Performance evaluation¶

In [8]:
import numpy as np
import pandas as pd

# function using for loop
def f1(num):
    my_sum = 0
    my_sum2 = 0

    for i in range(1, num + 1):
        my_sum += i
        my_sum2 += i**2

    my_mean = my_sum / num
    my_sd = math.sqrt(my_sum2 / num - my_mean**2)
    return [my_mean, my_sd]

# function using vectorization
def f2(num):
    v = np.arange(1, num + 1)

    my_mean = np.mean(v)
    my_variance = np.mean(v**2)
    my_sd = np.sqrt(my_variance - my_mean**2)
    return [my_mean, my_sd]

# function using apply
def f3(num):
    v = np.arange(1, num + 1)
    
    v_series = pd.Series(v)
    my_mean = v_series.mean()
    my_variance = v_series.apply(lambda x: x**2).mean()
    my_sd = np.sqrt(my_variance - my_mean**2)
    return [my_mean, my_sd]

%timeit f1(10000)
%timeit f2(10000)
%timeit f3(10000)
1.03 ms ± 27 µs per loop (mean ± std. dev. of 7 runs, 1,000 loops each)
50.6 µs ± 10.9 µs per loop (mean ± std. dev. of 7 runs, 10,000 loops each)
2.93 ms ± 136 µs per loop (mean ± std. dev. of 7 runs, 100 loops each)

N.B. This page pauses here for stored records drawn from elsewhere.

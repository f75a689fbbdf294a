-- ===== src/Proxy/Wire.antt =====
-- What the proxy takes from the packages steel-protocol, steel-registry and steel-utils: packet
-- numbers, VarInts, the encoding of packets, and the sockets. An `i32` is its bit pattern.
use steel_proxy.Common.{ℕ, Text, Option, List}
use steel_proxy.External.{Reply}

-- steel_protocol's `ConnectionProtocol`, by the states that the program names.
pub data ConnectionProtocol : Type 0 where
  handshake status login config play : ConnectionProtocol

-- steel_registry's numbers of the packets that the program compares or sends.
pub record PacketIds : Type 0 where
  pub handshake_intention : ℕ
  pub status_request : ℕ
  pub status_ping_request : ℕ
  pub login_hello : ℕ
  pub login_acknowledged : ℕ
  pub login_compression : ℕ
  pub login_finished : ℕ
  pub finish_configuration : ℕ
  pub config_transfer : ℕ
  pub chat_command : ℕ
  pub chat_command_signed : ℕ
  pub play_login : ℕ
  pub entity_event : ℕ
  pub play_commands : ℕ
  pub play_transfer : ℕ

-- steel_protocol's `RawPacket`
pub record RawPacket : Type 0 where
  pub id : ℕ
  pub payload : List ℕ

-- What is handed to steel_protocol to be encoded: bytes with a compression threshold, or one of
-- the packets that the program builds, with the protocol that its number is taken from.
pub data Packet (Commands : Type 0) : Type 0 where
  bytes : List ℕ → Option ℕ → Packet Commands
  system_chat : Text → ConnectionProtocol → Packet Commands
  transfer : (id : Option ℕ) → (body : List ℕ) → ConnectionProtocol → Packet Commands
  command_tree : Commands → ConnectionProtocol → Packet Commands

pub record Wire (E : Type 0) : Type 1 where
  pub ids : PacketIds
  -- VarInt(n).write and VarInt::read
  pub write_varint : ℕ → Reply (List ℕ)
  pub read_varint : List ℕ → Reply (ℕ × List ℕ)
  pub Commands : Type 0
  -- EncodedPacket::from_data and from_bare
  pub Frame : Type 0
  pub encode : Packet Commands → Reply Frame
  -- write_packet on the two connections
  pub write_client : Frame → E → Reply (Unit {0}) × E
  pub write_backend : Frame → E → Reply (Unit {0}) × E
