-- ===== src/Packets.antt =====
-- src/packets.rs: the Transfer packet and the tree of the proxy's commands.
pub mod Tree
use steel_proxy.Common.{
  ℕ, Text, Option, none, some, List, ◌++◌, length, ◌%◌, ◌^◌, Result, ok, err, codes,
}
use steel_proxy.Common.Utf8.{as_bytes}
use steel_proxy.External.{Reply, answer, refusal}
use steel_proxy.Proxy.Wire.{
  Wire, PacketIds, Packet, transfer, ConnectionProtocol, config, play, handshake, status, login,
}

pub record CTransfer : Type 0 where
  pub host : Text
  pub port : ℕ  -- i32

unfoldable pub new : Text → ℕ → CTransfer
new host port = record { host = host; port = port }

-- One write after another, each with `?`.
abbrev pub append_reply : Reply (List ℕ) → Reply (List ℕ) → Reply (List ℕ)
append_reply (answer a) (answer b) = answer (a ++ b)
append_reply (answer a) (refusal e) = refusal e
append_reply (refusal e) r = refusal e

module _ {E : Type 0} (wire : Wire E) where
  -- `WriteTo for CTransfer`: the host's length and bytes, and the port.
  unfoldable pub write_transfer : CTransfer → Reply (List ℕ)
  write_transfer p =
      append_reply (wire.write_varint (length (as_bytes p.host) % 2 ^ 32))
        (append_reply (answer (as_bytes p.host)) (wire.write_varint p.port))

-- `get_id`
unfoldable pub transfer_id : PacketIds → ConnectionProtocol → Option ℕ
transfer_id ids config = some ids.config_transfer
transfer_id ids play = some ids.play_transfer
transfer_id ids handshake = none
transfer_id ids status = none
transfer_id ids login = none
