-- ===== src/Packets/Tree.antt =====
-- src/packets.rs: `build_commands`, over the constructors of steel-protocol's command nodes.
use steel_proxy.Common.{ℕ, Text, codes, List, [], ◌∷◌}

-- The types and functions of steel_protocol that build a command tree.
pub record CommandApi (Commands : Type 0) : Type 1 where
  pub Node : Type 0
  pub Info : Type 0
  pub new_root : Node
  pub set_children : List ℕ → Node → Node
  pub info_new : List ℕ → Info
  pub new_executable : Info
  pub chain : Info → Info → Info
  pub new_literal : Info → Text → Node
  -- an argument of type String with behaviour SingleWord, and of type Integer with no bounds
  pub word_argument : Info → Text → Node
  pub integer_argument : Info → Text → Node
  -- CCommands { nodes, root_index }
  pub commands : List Node → ℕ → Commands

module _ {Commands : Type 0} (api : CommandApi Commands) where
  unfoldable pub command_nodes : List api.Node
  command_nodes =
      api.set_children (1 ∷ 3 ∷ 5 ∷ []) api.new_root
      ∷ api.new_literal (api.chain (api.info_new (2 ∷ [])) api.new_executable) (codes "server")
      ∷ api.word_argument api.new_executable (codes "server_name")
      ∷ api.new_literal (api.info_new (4 ∷ [])) (codes "start")
      ∷ api.integer_argument api.new_executable (codes "pr_number")
      ∷ api.new_literal (api.info_new (6 ∷ [])) (codes "status")
      ∷ api.integer_argument api.new_executable (codes "pr_number")
      ∷ []

  unfoldable pub build_commands : Commands
  unfolding command_nodes
  build_commands = api.commands command_nodes 0
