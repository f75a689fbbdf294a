-- ===== src/Proxy.antt =====
-- The modules for src/proxy.rs and src/proxy/.
pub mod Backends
pub mod Server
pub mod Wire
pub mod Session
pub mod Forward
pub mod Client
pub mod Commands
pub mod Connector
pub mod Handlers
pub mod Login
pub mod Loop
pub mod Launch
pub mod Start
pub mod Frames
pub mod Intercepts
pub mod Named
pub mod Negotiation
pub mod Permissions
pub mod Reconnect
pub mod Whole
pub mod Reading
pub mod Transparent
pub mod Switching
pub mod Races
pub mod Lookups
pub mod Observes
pub mod Relay
pub mod Sends
pub mod Passes
pub mod Relayed
pub mod Readers
pub mod Drains
pub mod Departures
pub mod Visits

Typically, a For Loop is easy to unerstand, but slow for large datasets due to the interpreted nature of Python. Vectorization (using Numpy) is efficient for numerical opterations on large datasets, but may not be as intuititve for complex operations. Apply (using Pandas) is convenient for applying a function along row or colun of a DataFrame/Series, but may be slower than vectorized operations.